60% feel cycling on roads is dangerous

12.00 | 31 July 2019 | | 3 comments

Brake is calling on the Government to take further action to convince people that it is safe to cycle, on the back of new Government statistics which show that the number of cycling trips has remained ‘flat’ over the past three years.

Statistics published in the National Travel Attitude Survey (NTAS) – and quoted in Walking and Cycling Statistics: 2018 – show that 61% of adults feel that it is too dangerous for them to cycle on the roads.

At 68%, women cyclists are more likely to feel in danger than their male counterparts (54%).

In terms of age, people aged 60-64 years are the most likely to feel endangered (67%) – with those aged 18-24 years the least (51%).

Brake says the figures reveal ‘how much work needs to be done’ to convince people that it is safe to cycle on the roads, and is calling for further action from the Government.

Joshua Harris, director of campaigns for Brake said:  “Cycling is one of the healthiest and cheapest ways to get around and everyone should be able to cycle every day without fear for their own safety. 

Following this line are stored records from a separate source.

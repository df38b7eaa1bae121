-- ===== src/AppContext/Clients.antt =====
-- The code that uses a container of application_context.py: whatever resolves services, in scopes and
-- outside them, and registers none.
use claimsintelligence.Base.{
  ℕ, String, ◌≡◌, refl, true, Option, none, some, if◌then◌else◌, string_key, Bool, false,
}
use claimsintelligence.Exec.{Exec, Exn, exn, value_error, pure, raise, catch, ◌>>=◌}
use claimsintelligence.Exec.Keeps.{
  Keeps, Keeps-pure, Keeps-raise, Keeps-bind, Keeps-catch, Keeps-if, Keeps-bind_gets,
}
use claimsintelligence.Dict.{get}
use claimsintelligence.AppContext.{
  Lifetime, singleton, scoped, async_singleton, async_scoped, transient, Implementation,
  instance_of, factory, class_of, ServiceDescriptor, Call, Env, Attributes, AppContext, perform,
  make, enter_object, make_async, create_instance, create_async_instance, of_container, of_scope,
  is_registered, resolve, resolve_async, by_lifetime, by_async_lifetime, get_service,
  get_service_async,
}
use claimsintelligence.AppContext.Lifecycle.{within, create_scope}

module _ (env : Env) (attributes : Attributes) where
  pub data IsClient : (A : Type 0) → Exec AppContext A → Type 1 where
    returning : {A : Type 0} (a : A) → IsClient A (pure a)
    raising : {A : Type 0} (e : Exn) → IsClient A (raise {A = A} e)
    binding :
        {A B : Type 0} (m : Exec AppContext A) (f : A → Exec AppContext B)
        → IsClient A m
        → ((a : A) → IsClient B (f a))
        → IsClient B (m >>= f)
    catching :
        {A : Type 0} (m : Exec AppContext A) (h : Exn → Exec AppContext A)
        → IsClient A m
        → ((e : Exn) → IsClient A (h e))
        → IsClient A (catch m h)
    resolving : (t : String) → IsClient ℕ (get_service env attributes t)
    resolving_async : (t : String) → IsClient ℕ (get_service_async env attributes t)
    resolving_within :
        (i t : String) → IsClient ℕ (within env attributes i (get_service env attributes t))
    resolving_async_within :
        (i t : String) → IsClient ℕ (within env attributes i (get_service_async env attributes t))
    scoping :
        {A : Type 0} (i : String) (m : Exec AppContext A)
        → IsClient A m
        → IsClient A (create_scope env attributes i m)

  -- What the parts keep, whatever the scope `c`, a client keeps.
  module _ (I : Type 0) (P : I → AppContext → Type 0)
      (performs : (c : I) (x : Call) → Keeps (P c) (perform env x))
      (containers : (c : I) (u : String) (create : Exec AppContext ℕ)
        → Keeps (P c) create
        → Keeps (P c) (of_container env attributes u create))
      (scopes : (c : I) (u : String) (create : Exec AppContext ℕ)
        → Keeps (P c) create
        → (s : AppContext) → P c s
        → is_registered u s ≡ true
        → P c (of_scope env attributes u create s).1)
      (withins : (A : Type 0) (i : String) (m : Exec AppContext A)
        → ((c : I) → Keeps (P c) m)
        → (c : I) → Keeps (P c) (within env attributes i m))
      (scopings : (A : Type 0) (i : String) (m : Exec AppContext A)
        → ((c : I) → Keeps (P c) m)
        → (c : I) → Keeps (P c) (create_scope env attributes i m)) where
    make-Keeps : (c : I) (i : Implementation) → Keeps (P c) (make env attributes i)
    make-Keeps c (instance_of p) = Keeps-pure p
    make-Keeps c (factory f) = performs c _
    make-Keeps c (class_of k) = performs c _

    enter_object-Keeps : (c : I) (p : ℕ) → Keeps (P c) (enter_object env attributes p)
    enter_object-Keeps c p =
        Keeps-if (attributes.has_aenter p) _ _ (Keeps-bind _ _ (performs c _) λ _. Keeps-pure p)
          (Keeps-pure p)

    make_async-Keeps : (c : I) (i : Implementation) → Keeps (P c) (make_async env attributes i)
    make_async-Keeps c (instance_of p) = Keeps-pure p
    make_async-Keeps c (factory f) = Keeps-bind _ _ (performs c _) (enter_object-Keeps c)
    make_async-Keeps c (class_of k) = Keeps-bind _ _ (performs c _) (enter_object-Keeps c)

    by_lifetime-Keeps :
        (c : I) (u : String) (create : Exec AppContext ℕ)
        → Keeps (P c) create
        → (s : AppContext) → P c s
        → is_registered u s ≡ true
        → (l : Lifetime) → P c (by_lifetime env attributes l u create s).1
    by_lifetime-Keeps c u create k s p r singleton = (containers c u create k).after s p
    by_lifetime-Keeps c u create k s p r scoped = scopes c u create k s p r
    by_lifetime-Keeps c u create k s p r transient = k.after s p
    by_lifetime-Keeps c u create k s p r async_singleton = k.after s p
    by_lifetime-Keeps c u create k s p r async_scoped = k.after s p

    by_async_lifetime-Keeps :
        (c : I) (u : String) (create : Exec AppContext ℕ)
        → Keeps (P c) create
        → (s : AppContext) → P c s
        → is_registered u s ≡ true
        → (l : Lifetime) → P c (by_async_lifetime env attributes l u create s).1
    by_async_lifetime-Keeps c u create k s p r async_singleton = (containers c u create k).after s p
    by_async_lifetime-Keeps c u create k s p r async_scoped = scopes c u create k s p r
    by_async_lifetime-Keeps c u create k s p r singleton = k.after s p
    by_async_lifetime-Keeps c u create k s p r scoped = k.after s p
    by_async_lifetime-Keeps c u create k s p r transient = k.after s p

    get_service-Keeps : (u : String) (c : I) → Keeps (P c) (get_service env attributes u)
    unfolding get_service create_instance is_registered
    get_service-Keeps u c = Keeps-bind_gets _ _ λ s p. go s p (get s.services u) refl
      where
        go :
            (s : AppContext)
            → P c s
            → (o : Option ServiceDescriptor) → get s.services u ≡ o
            → P c (resolve env attributes u o s).1
        go s p none e = (Keeps-raise {P = P c} _).after s p
        go s p (some d) e =
            by_lifetime-Keeps c u _ (make-Keeps c d.implementation) s p (rw (e, is_registered) refl)
              d.lifetime

    get_service_async-Keeps :
        (u : String) (c : I) → Keeps (P c) (get_service_async env attributes u)
    unfolding get_service_async create_async_instance is_registered
    get_service_async-Keeps u c = Keeps-bind_gets _ _ λ s p. go s p (get s.services u) refl
      where
        go :
            (s : AppContext)
            → P c s
            → (o : Option ServiceDescriptor) → get s.services u ≡ o
            → P c (resolve_async env attributes u o s).1
        go s p none e = (Keeps-raise {P = P c} _).after s p
        go s p (some d) e = either d.is_async
          where
            either :
                (b : Bool)
                → P c
                    ((if b
                        then by_async_lifetime env attributes d.lifetime u
                            (create_async_instance env attributes d)
                        else raise
                            (exn value_error "the service is not registered as an async service"))
                      s).1
            either true =
                by_async_lifetime-Keeps c u _ (make_async-Keeps c d.implementation) s p
                  (rw (e, is_registered) refl) d.lifetime
            either false = (Keeps-raise {P = P c} _).after s p

    pub Client-Keeps : {A : Type 0} {m : Exec AppContext A} → IsClient A m → (c : I) → Keeps (P c) m
    Client-Keeps (returning a) c = Keeps-pure a
    Client-Keeps (raising e) c = Keeps-raise e
    Client-Keeps (binding m f cm cf) c =
        Keeps-bind m f (Client-Keeps cm c) λ a. Client-Keeps (cf a) c
    Client-Keeps (catching m h cm ch) c =
        Keeps-catch m h (Client-Keeps cm c) λ e. Client-Keeps (ch e) c
    Client-Keeps (resolving t) c = get_service-Keeps t c
    Client-Keeps (resolving_async t) c = get_service_async-Keeps t c
    Client-Keeps (resolving_within i t) c = withins _ i _ (get_service-Keeps t) c
    Client-Keeps (resolving_async_within i t) c = withins _ i _ (get_service_async-Keeps t) c
    Client-Keeps (scoping i m cm) c = scopings _ i m (λ c'. Client-Keeps cm c') c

“Yet these findings reveal that most adults just don’t think it’s safe to cycle on our roads and more is clearly needed to be done to convince them otherwise.

“While the Government’s actions to encourage more people to cycle and keep them safe are welcome, they must go further. 

“We need slower, safer speed limits, greater investment in segregated cycle lanes and drivers who behave dangerously removed from our roads.”

The DfT 2018 stats show that while the average number of miles cycled has generally increased over the past three years, the number of cycling trips has remained flat over the same period.

11% of adults cycled at least once per week but only a small number of local authorities (5%) had more than 20% of adults cycling at least once per week, with Cambridge and Oxford having the highest rates.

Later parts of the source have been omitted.